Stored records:
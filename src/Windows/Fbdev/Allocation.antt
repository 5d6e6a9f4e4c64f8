-- ===== src/Windows/Fbdev/Allocation.antt =====
-- Which buffers a reallocation leaves, and how an allocation that fails ends it.
use mathlib.Core.Path.{subst}
use fake_libc.Common.{
  if◌then◌else◌, ℤ, pos, ◌+ℤ◌, ℕ, zero, suc, ◌+◌, ◌<◌, ◌≤◌, ◌≡◌, ◌≢◌, refl, sym, ◌∙◌, ap, ◌==◌,
  true, false, ◌⊎◌, List, [], ◌∷◌, ◌++◌, append_assoc, append-nil, arith, inl, inr,
}
use fake_libc.Windows.Base.{put}
use fake_libc.Windows.Fbdev.{
  Build, Answer, Window, new_buffer, delete_buffer, inc_ref, dec_ref, dec_all, destroy_buffers,
  make_buffer, make_buffers, reallocate_buffers,
}
use fake_libc.Windows.Fbdev.Counting.{make_buffer-list, dec_ref-lists}

-- The addresses of the first `n` answers.
unfoldable pub addresses : ℕ → (ℕ → Answer) → List ℕ
addresses zero answers = []
addresses (suc n) answers = (answers 0).address ∷ addresses n (λ i. answers (i + 1))

make_buffer-status :
    (build : Build) (a : Answer) (w : Window)
    → ((make_buffer build a w).buffers a.address).status ≡ (if w.alloc == 0 then 0 else a.status)
unfolding make_buffer inc_ref put new_buffer
make_buffer-status build a w = ground arith

make_buffer-alloc :
    (build : Build) (a : Answer) (w : Window) → (make_buffer build a w).alloc ≡ w.alloc
unfolding make_buffer inc_ref
make_buffer-alloc build a w = refl

dec_all-alloc : (bs : List ℕ) (w : Window) → (dec_all bs w).alloc ≡ w.alloc
unfolding dec_all dec_ref delete_buffer
dec_all-alloc [] w = refl
dec_all-alloc (b ∷ bs) w = dec_all-alloc bs (dec_ref b w) ∙ ground arith

make_buffer-spare :
    (build : Build) (a : Answer) (w : Window) → (make_buffer build a w).free_bufs ≡ w.free_bufs
unfolding make_buffer inc_ref
make_buffer-spare build a w = refl

-- One round, where the allocation succeeds or fails.
make_buffers-goes_on :
    (build : Build) (n : ℕ) (answers : ℕ → Answer) (w : Window)
    → (answers 0).status ≡ 0
    → let w' = make_buffer build (answers 0) w in
      make_buffers build (suc n) answers w
      ≡ make_buffers build n
          (λ i. answers (i + 1))
          (record w' {
            free_bufs = w'.free_bufs +ℤ pos 1;
            buf_list = w'.buf_list ++ (answers 0).address ∷ [];
          })
unfolding make_buffers
make_buffers-goes_on build n answers w good =
    let made = make_buffer-status build (answers 0) w in
    let fine : (((make_buffer build (answers 0) w).buffers (answers 0).address).status == 0)
        ≡ true =
      ground arith in
    rw fine refl

make_buffers-stops :
    (build : Build) (n : ℕ) (answers : ℕ → Answer) (w : Window)
    → w.alloc ≢ 0
    → (answers 0).status ≢ 0
    → make_buffers build (suc n) answers w
      ≡ dec_ref (answers 0).address (make_buffer build (answers 0) w)
unfolding make_buffers
make_buffers-stops build n answers w can bad =
    let made = make_buffer-status build (answers 0) w in
    let failed : (((make_buffer build (answers 0) w).buffers (answers 0).address).status == 0)
        ≡ false =
      ground arith in
    rw failed refl

make_buffers-done :
    (build : Build) (answers : ℕ → Answer) (w : Window) → make_buffers build 0 answers w ≡ w
unfolding make_buffers
make_buffers-done build answers w = refl

plus_zero : (a : ℤ) → a ≡ a +ℤ pos 0
plus_zero a = ground arith

plus_one : (a : ℤ) (k : ℕ) → a +ℤ pos 1 +ℤ pos k ≡ a +ℤ pos (suc k)
plus_one a k = ground arith

next_index : (k : ℕ) → suc k ≡ k + 1
next_index k = omega arith

make_buffers-lists :
    (build : Build) (n k : ℕ) (answers : ℕ → Answer) (w : Window)
    → ((i : ℕ) → i < k → (answers i).status ≡ 0)
    → k ≤ n
    → (k ≡ n) ⊎ ((w.alloc ≢ 0) × ((answers k).status ≢ 0))
    → ((make_buffers build n answers w).buf_list ≡ w.buf_list ++ addresses k answers)
      × ((make_buffers build n answers w).free_bufs ≡ w.free_bufs +ℤ pos k)
unfolding addresses
make_buffers-lists build zero zero answers w good le end =
    rw (make_buffers-done build answers w) (sym (append-nil w.buf_list), plus_zero w.free_bufs)
make_buffers-lists build zero (suc k) answers w good le end = absurd (omega (arith, le))
make_buffers-lists build (suc n) zero answers w good le (inl e) = absurd (omega (arith, e))
make_buffers-lists build (suc n) zero answers w good le (inr (can, bad)) =
    let (list, spare) = dec_ref-lists (answers 0).address (make_buffer build (answers 0) w) in
    rw
      (
        make_buffers-stops build n answers w can bad,
        list,
        spare,
        make_buffer-list build (answers 0) w,
        make_buffer-spare build (answers 0) w,
      )
      (sym (append-nil w.buf_list), plus_zero w.free_bufs)
make_buffers-lists build (suc n) (suc k) answers w good le end =
    let w' = make_buffer build (answers 0) w in
    let w'' : Window = record w' {
      free_bufs = w'.free_bufs +ℤ pos 1;
      buf_list = w'.buf_list ++ (answers 0).address ∷ [];
    } in
    let (list, spare) =
      make_buffers-lists build n k (λ i. answers (i + 1)) w''
        (λ i lt. good (i + 1) (omega (arith, lt))) (omega (arith, le))
        (elim end [
          | inl e ↦ inl (omega (arith, e))
          | inr (can, bad) ↦ inr (
            rw (make_buffer-alloc build (answers 0) w) can,
            subst (λ i. (answers i).status ≢ 0) (next_index k) bad,
          )
        ]) in
    let kept = make_buffer-list build (answers 0) w in
    let same = make_buffer-spare build (answers 0) w in
    rw (make_buffers-goes_on build n answers w (good 0 (omega arith))) (
      list
          ∙ ap (λ bs. (bs ++ (answers 0).address ∷ []) ++ addresses k (λ i. answers (i + 1))) kept
          ∙ append_assoc w.buf_list _ _,
      spare ∙ rw same (plus_one w.free_bufs k),
    )

destroy_buffers-empties :
    (w : Window)
    → ((destroy_buffers w).buf_list ≡ [])
      × ((destroy_buffers w).free_bufs ≡ pos 0)
      × ((destroy_buffers w).alloc ≡ w.alloc)
unfolding destroy_buffers
destroy_buffers-empties w = (refl, refl, dec_all-alloc w.buf_list w)

-- If the first k allocations succeed, and these are all that m_bufferCount asks for, or there is
-- an allocator and the next one fails: a reallocation leaves the buffers of these k in their
-- order as the list, m_freeBufs is k, and no reallocation is due.
pub reallocate_buffers-lists :
    (build : Build) (k : ℕ) (answers : ℕ → Answer) (w : Window)
    → ((i : ℕ) → i < k → (answers i).status ≡ 0)
    → k ≤ w.buffer_count
    → (k ≡ w.buffer_count) ⊎ ((w.alloc ≢ 0) × ((answers k).status ≢ 0))
    → let r = reallocate_buffers build answers w in
      (r.buf_list ≡ addresses k answers) × (r.free_bufs ≡ pos k) × (r.allocate_buffers ≡ false)
unfolding reallocate_buffers
reallocate_buffers-lists build k answers w good le end =
    let (empty, zeroed, same) = destroy_buffers-empties w in
    let (list, spare) =
      make_buffers-lists build w.buffer_count k answers (destroy_buffers w) good le (rw same end) in
    (list ∙ ap (λ bs. bs ++ addresses k answers) empty, spare ∙ rw zeroed (ground arith), refl)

ACTION ITEM:
When you answer, set down the entries above precisely as they read.

RESULT OF THIS EXERCISE:
filename src/Windows/Fbdev/Allocation.antt
repository 5d6e6a9f4e4c64f8
-- ===== src/Windows/Fbdev/Allocation.antt =====
-- Which buffers a reallocation leaves, and how an allocation that fails ends it.
use mathlib.Core.Path.{subst}
use fake_libc.Common.{
  if◌then◌else◌, ℤ, pos, ◌+ℤ◌, ℕ, zero, suc, ◌+◌, ◌<◌, ◌≤◌, ◌≡◌, ◌≢◌, refl, sym, ◌∙◌, ap, ◌==◌,
  true, false, ◌⊎◌, List, [], ◌∷◌, ◌++◌, append_assoc, append-nil, arith, inl, inr,
}
use fake_libc.Windows.Base.{put}
use fake_libc.Windows.Fbdev.{
  Build, Answer, Window, new_buffer, delete_buffer, inc_ref, dec_ref, dec_all, destroy_buffers,
  make_buffer, make_buffers, reallocate_buffers,
}
use fake_libc.Windows.Fbdev.Counting.{make_buffer-list, dec_ref-lists}

-- The addresses of the first `n` answers.
unfoldable pub addresses : ℕ → (ℕ → Answer) → List ℕ
addresses zero answers = []
addresses (suc n) answers = (answers 0).address ∷ addresses n (λ i. answers (i + 1))

make_buffer-status :
    (build : Build) (a : Answer) (w : Window)
    → ((make_buffer build a w).buffers a.address).status ≡ (if w.alloc == 0 then 0 else a.status)
unfolding make_buffer inc_ref put new_buffer
make_buffer-status build a w = ground arith

make_buffer-alloc :
    (build : Build) (a : Answer) (w : Window) → (make_buffer build a w).alloc ≡ w.alloc
unfolding make_buffer inc_ref
make_buffer-alloc build a w = refl

dec_all-alloc : (bs : List ℕ) (w : Window) → (dec_all bs w).alloc ≡ w.alloc
unfolding dec_all dec_ref delete_buffer
dec_all-alloc [] w = refl
dec_all-alloc (b ∷ bs) w = dec_all-alloc bs (dec_ref b w) ∙ ground arith

make_buffer-spare :
    (build : Build) (a : Answer) (w : Window) → (make_buffer build a w).free_bufs ≡ w.free_bufs
unfolding make_buffer inc_ref
make_buffer-spare build a w = refl

-- One round, where the allocation succeeds or fails.
make_buffers-goes_on :
    (build : Build) (n : ℕ) (answers : ℕ → Answer) (w : Window)
    → (answers 0).status ≡ 0
    → let w' = make_buffer build (answers 0) w in
      make_buffers build (suc n) answers w
      ≡ make_buffers build n
          (λ i. answers (i + 1))
          (record w' {
            free_bufs = w'.free_bufs +ℤ pos 1;
            buf_list = w'.buf_list ++ (answers 0).address ∷ [];
          })
unfolding make_buffers
make_buffers-goes_on build n answers w good =
    let made = make_buffer-status build (answers 0) w in
    let fine : (((make_buffer build (answers 0) w).buffers (answers 0).address).status == 0)
        ≡ true =
      ground arith in
    rw fine refl

make_buffers-stops :
    (build : Build) (n : ℕ) (answers : ℕ → Answer) (w : Window)
    → w.alloc ≢ 0
    → (answers 0).status ≢ 0
    → make_buffers build (suc n) answers w
      ≡ dec_ref (answers 0).address (make_buffer build (answers 0) w)
unfolding make_buffers
make_buffers-stops build n answers w can bad =
    let made = make_buffer-status build (answers 0) w in
    let failed : (((make_buffer build (answers 0) w).buffers (answers 0).address).status == 0)
        ≡ false =
      ground arith in
    rw failed refl

make_buffers-done :
    (build : Build) (answers : ℕ → Answer) (w : Window) → make_buffers build 0 answers w ≡ w
unfolding make_buffers
make_buffers-done build answers w = refl

plus_zero : (a : ℤ) → a ≡ a +ℤ pos 0
plus_zero a = ground arith

plus_one : (a : ℤ) (k : ℕ) → a +ℤ pos 1 +ℤ pos k ≡ a +ℤ pos (suc k)
plus_one a k = ground arith

next_index : (k : ℕ) → suc k ≡ k + 1
next_index k = omega arith

make_buffers-lists :
    (build : Build) (n k : ℕ) (answers : ℕ → Answer) (w : Window)
    → ((i : ℕ) → i < k → (answers i).status ≡ 0)
    → k ≤ n
    → (k ≡ n) ⊎ ((w.alloc ≢ 0) × ((answers k).status ≢ 0))
    → ((make_buffers build n answers w).buf_list ≡ w.buf_list ++ addresses k answers)
      × ((make_buffers build n answers w).free_bufs ≡ w.free_bufs +ℤ pos k)
unfolding addresses
make_buffers-lists build zero zero answers w good le end =
    rw (make_buffers-done build answers w) (sym (append-nil w.buf_list), plus_zero w.free_bufs)
make_buffers-lists build zero (suc k) answers w good le end = absurd (omega (arith, le))
make_buffers-lists build (suc n) zero answers w good le (inl e) = absurd (omega (arith, e))
make_buffers-lists build (suc n) zero answers w good le (inr (can, bad)) =
    let (list, spare) = dec_ref-lists (answers 0).address (make_buffer build (answers 0) w) in
    rw
      (
        make_buffers-stops build n answers w can bad,
        list,
        spare,
        make_buffer-list build (answers 0) w,
        make_buffer-spare build (answers 0) w,
      )
      (sym (append-nil w.buf_list), plus_zero w.free_bufs)
make_buffers-lists build (suc n) (suc k) answers w good le end =
    let w' = make_buffer build (answers 0) w in
    let w'' : Window = record w' {
      free_bufs = w'.free_bufs +ℤ pos 1;
      buf_list = w'.buf_list ++ (answers 0).address ∷ [];
    } in
    let (list, spare) =
      make_buffers-lists build n k (λ i. answers (i + 1)) w''
        (λ i lt. good (i + 1) (omega (arith, lt))) (omega (arith, le))
        (elim end [
          | inl e ↦ inl (omega (arith, e))
          | inr (can, bad) ↦ inr (
            rw (make_buffer-alloc build (answers 0) w) can,
            subst (λ i. (answers i).status ≢ 0) (next_index k) bad,
          )
        ]) in
    let kept = make_buffer-list build (answers 0) w in
    let same = make_buffer-spare build (answers 0) w in
    rw (make_buffers-goes_on build n answers w (good 0 (omega arith))) (
      list
          ∙ ap (λ bs. (bs ++ (answers 0).address ∷ []) ++ addresses k (λ i. answers (i + 1))) kept
          ∙ append_assoc w.buf_list _ _,
      spare ∙ rw same (plus_one w.free_bufs k),
    )

destroy_buffers-empties :
    (w : Window)
    → ((destroy_buffers w).buf_list ≡ [])
      × ((destroy_buffers w).free_bufs ≡ pos 0)
      × ((destroy_buffers w).alloc ≡ w.alloc)
unfolding destroy_buffers
destroy_buffers-empties w = (refl, refl, dec_all-alloc w.buf_list w)

-- If the first k allocations succeed, and these are all that m_bufferCount asks for, or there is
-- an allocator and the next one fails: a reallocation leaves the buffers of these k in their
-- order as the list, m_freeBufs is k, and no reallocation is due.
pub reallocate_buffers-lists :
    (build : Build) (k : ℕ) (answers : ℕ → Answer) (w : Window)
    → ((i : ℕ) → i < k → (answers i).status ≡ 0)
    → k ≤ w.buffer_count
    → (k ≡ w.buffer_count) ⊎ ((w.alloc ≢ 0) × ((answers k).status ≢ 0))
    → let r = reallocate_buffers build answers w in
      (r.buf_list ≡ addresses k answers) × (r.free_bufs ≡ pos k) × (r.allocate_buffers ≡ false)
unfolding reallocate_buffers
reallocate_buffers-lists build k answers w good le end =
    let (empty, zeroed, same) = destroy_buffers-empties w in
    let (list, spare) =
      make_buffers-lists build w.buffer_count k answers (destroy_buffers w) good le (rw same end) in
    (list ∙ ap (λ bs. bs ++ addresses k answers) empty, spare ∙ rw zeroed (ground arith), refl)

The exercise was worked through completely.